Your goal |
Repeat nothing but the lines below running from the one containing "(lfsr / 2 % 2)" to the one containing "next_small s = next_register s / 128 == 0". Keep both end lines.

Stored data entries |
-- ===== src/Ble/Whiten/Stream.antt =====
-- The key stream of `ble_dewhiten` against the register that the Bluetooth specification gives:
-- x⁷ + x⁴ + 1, with a one in its first cell and the channel index in the other six, the highest bit
-- first. It is the register of BR/EDR with another start; the code holds its cells in reverse.
use supertooth.Base.{
  ℕ, zero, suc, ◌+◌, ◌*◌, ◌/◌, ◌%◌, ◌<◌, ◌≡◌, refl, sym, ap, ap₂, ◌∙◌, arith, bit_and, bit_or, Bool,
  true, false, ◌∷◌, [], Bytes, at, length, ltb, ◌==◌, ==_iff, all_below, all_below_sound,
  if◌then◌else◌,
}
use supertooth.Base.Bits.{bit, bit-bit_xor, bit-lt}
use supertooth.Base.Masks.{mask_ones}
use supertooth.Bredr.Whitening.Register.{register_bit, register_next, run, run-add}
use supertooth.Ble.Whiten.{shift_register, dewhiten_byte, dewhiten_bytes, dewhiten}
use supertooth.Ble.Whiten.Laws.{key_byte, next_register, dewhiten_bytes-cons}

-- The cells of the register for a channel, cell `k` as bit `k`.
abbrev pub channel_cells : ℕ → ℕ
channel_cells channel =
    1
    + 2 * (channel / 32 % 2)
    + 4 * (channel / 16 % 2)
    + 8 * (channel / 8 % 2)
    + 16 * (channel / 4 % 2)
    + 32 * (channel / 2 % 2)
    + 64 * (channel % 2)

-- Bit `n` of the key stream for a channel.
abbrev pub key_bit : ℕ → ℕ → ℕ
key_bit channel n = register_bit (run n (channel_cells channel))

-- The cells that the code's register stands for.
abbrev cells_of : ℕ → ℕ
cells_of lfsr =
    lfsr / 64 % 2
    + 2 * (lfsr / 32 % 2)
    + 4 * (lfsr / 16 % 2)
    + 8 * (lfsr / 8 % 2)
    + 16 * (lfsr / 4 % 2)
    + 32 * (lfsr / 2 % 2)
    + 64 * (lfsr % 2)

abbrev start_of : ℕ → ℕ
start_of channel = bit_or (bit_and channel 0x3f) 0x40

abbrev start_right : ℕ → Bool
start_right c = cells_of (bit_or c 0x40) == channel_cells c

start_table : all_below 64 start_right ≡ true
start_table = refl

abbrev start_small : ℕ → Bool
start_small c = bit_or c 0x40 / 128 == 0

start_bound : all_below 64 start_small ≡ true
start_bound = refl

abbrev byte_right : ℕ → Bool
byte_right s = all_below 8 (λ j. bit (key_byte s) j == register_bit (run j (cells_of s)))

byte_table : all_below 128 byte_right ≡ true
unfolding key_byte dewhiten_byte shift_register run register_next register_bit
byte_table = refl

abbrev next_right : ℕ → Bool
next_right s = cells_of (next_register s) == run 8 (cells_of s)

next_table : all_below 128 next_right ≡ true
unfolding next_register dewhiten_byte shift_register run register_next register_bit
next_table = refl

abbrev next_small : ℕ → Bool
next_small s = next_register s / 128 == 0

next_bound : all_below 128 next_small ≡ true
unfolding next_register dewhiten_byte shift_register
next_bound = refl

bit-key_byte : (s j : ℕ) → s < 128 → j < 8 → bit (key_byte s) j ≡ register_bit (run j (cells_of s))
bit-key_byte s j h k = (==_iff _ _).0 (
    all_below_sound 8 (λ j. bit (key_byte s) j == register_bit (run j (cells_of s))) j
      (all_below_sound 128 byte_right s byte_table h) k)

cells_of-next_register : (s : ℕ) → s < 128 → cells_of (next_register s) ≡ run 8 (cells_of s)
cells_of-next_register s h = (==_iff _ _).0 (all_below_sound 128 next_right s next_table h)

next_register-lt : (s : ℕ) → s < 128 → next_register s < 128
next_register-lt s h =
    let small =
      (==_iff (next_register s / 128) 0).0 (all_below_sound 128 next_small s next_bound h) in
    omega (arith, small)

-- The key bit of a byte that is whitened, and nothing behind those.
abbrev stream_bit : ℕ → ℕ → ℕ → ℕ → ℕ
stream_bit n cells i j = if ltb i n then register_bit (run (8 * i + j) cells) else 0

bit_stays : (b j : ℕ) → bit b j ≡ (bit b j + 0) % 2
bit_stays b j = omega (arith, bit-lt b j)

dewhiten_bytes-stream :
    (left lfsr : ℕ) (bytes : Bytes) (i j : ℕ)
    → lfsr < 128
    → i < length bytes
    → j < 8
    → bit (at (dewhiten_bytes left lfsr bytes) i) j
      ≡ (bit (at bytes i) j + stream_bit left (cells_of lfsr) i j) % 2
dewhiten_bytes-stream left lfsr [] i j small h k = absurd (omega arith)
dewhiten_bytes-stream zero lfsr (byte ∷ bytes) i j small h k =
    unfold dewhiten_bytes in
    let done : ltb i 0 ≡ false = ground arith in rw done (bit_stays (at (byte ∷ bytes) i) j)
dewhiten_bytes-stream (suc left) lfsr (byte ∷ bytes) zero j small h k =
    let here : 8 * 0 + j ≡ j = omega arith in
    let first : ltb 0 (suc left) ≡ true = ground arith in
    ap (λ t. bit (at t 0) j) (dewhiten_bytes-cons left lfsr byte bytes)
    ∙ bit-bit_xor byte (key_byte lfsr) j
    ∙ ap (λ b. (bit byte j + b) % 2)
        (bit-key_byte lfsr j small k
          ∙ ap (λ n. register_bit (run n (cells_of lfsr))) (sym here)
          ∙ ap (λ (b : Bool). if b then register_bit (run (8 * 0 + j) (cells_of lfsr)) else 0)
              (sym first))
dewhiten_bytes-stream (suc left) lfsr (byte ∷ bytes) (suc i) j small h k =
    let later : 8 * suc i + j ≡ 8 + (8 * i + j) = omega arith in
    let moved : run (8 * i + j) (cells_of (next_register lfsr))
        ≡ run (8 * suc i + j) (cells_of lfsr) =
      ap (run (8 * i + j)) (cells_of-next_register lfsr small)
      ∙ sym (run-add 8 (8 * i + j) (cells_of lfsr))
      ∙ ap (λ n. run n (cells_of lfsr)) (sym later) in
    let same : ltb (suc i) (suc left) ≡ ltb i left = ground arith in
    ap (λ t. bit (at t (suc i)) j) (dewhiten_bytes-cons left lfsr byte bytes)
    ∙ dewhiten_bytes-stream left (next_register lfsr) bytes i j (next_register-lt lfsr small)
        (omega arith) k
    ∙ ap₂ (λ (b : Bool) (r : ℕ). (bit (at bytes i) j + (if b then register_bit r else 0)) % 2)
        (sym same) moved

-- `ble_dewhiten` adds the key stream of the channel to the first `n` bytes of a buffer, bit by bit
-- and the lowest bit of a byte first, and leaves the bytes behind them as they are: a bit of the
-- result is the sum of the bit that was there and, within those bytes, the bit that the
-- specification's register gives at that place. The channel index is read modulo 64.
pub dewhiten-key_bit :
    (bytes : Bytes) (n channel_index i j : ℕ)
    → i < length bytes
    → j < 8
    → bit (at (dewhiten bytes n channel_index) i) j
      ≡ (bit (at bytes i) j + (if ltb i n then key_bit (channel_index % 64) (8 * i + j) else 0)) % 2
unfolding dewhiten
dewhiten-key_bit bytes n channel_index i j h k =
    let c = channel_index % 64 in
    let masked : bit_and channel_index 0x3f ≡ c = mask_ones 6 channel_index in
    let inside : c < 64 = omega arith in
    let small =
      (==_iff (bit_or c 0x40 / 128) 0).0 (all_below_sound 64 start_small c start_bound inside) in
    let started =
      (==_iff (cells_of (bit_or c 0x40)) (channel_cells c)).0
        (all_below_sound 64 start_right c start_table inside) in
    ap (λ t. bit (at (dewhiten_bytes n (bit_or t 0x40) bytes) i) j) masked
    ∙ dewhiten_bytes-stream n (bit_or c 0x40) bytes i j (omega (arith, small)) h k
    ∙ ap (λ r. (bit (at bytes i) j + stream_bit n r i j) % 2) started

Task answer |
    + 32 * (lfsr / 2 % 2)
    + 64 * (lfsr % 2)

abbrev start_of : ℕ → ℕ
start_of channel = bit_or (bit_and channel 0x3f) 0x40

abbrev start_right : ℕ → Bool
start_right c = cells_of (bit_or c 0x40) == channel_cells c

start_table : all_below 64 start_right ≡ true
start_table = refl

abbrev start_small : ℕ → Bool
start_small c = bit_or c 0x40 / 128 == 0

start_bound : all_below 64 start_small ≡ true
start_bound = refl

abbrev byte_right : ℕ → Bool
byte_right s = all_below 8 (λ j. bit (key_byte s) j == register_bit (run j (cells_of s)))

byte_table : all_below 128 byte_right ≡ true
unfolding key_byte dewhiten_byte shift_register run register_next register_bit
byte_table = refl

abbrev next_right : ℕ → Bool
next_right s = cells_of (next_register s) == run 8 (cells_of s)

next_table : all_below 128 next_right ≡ true
unfolding next_register dewhiten_byte shift_register run register_next register_bit
next_table = refl

abbrev next_small : ℕ → Bool
next_small s = next_register s / 128 == 0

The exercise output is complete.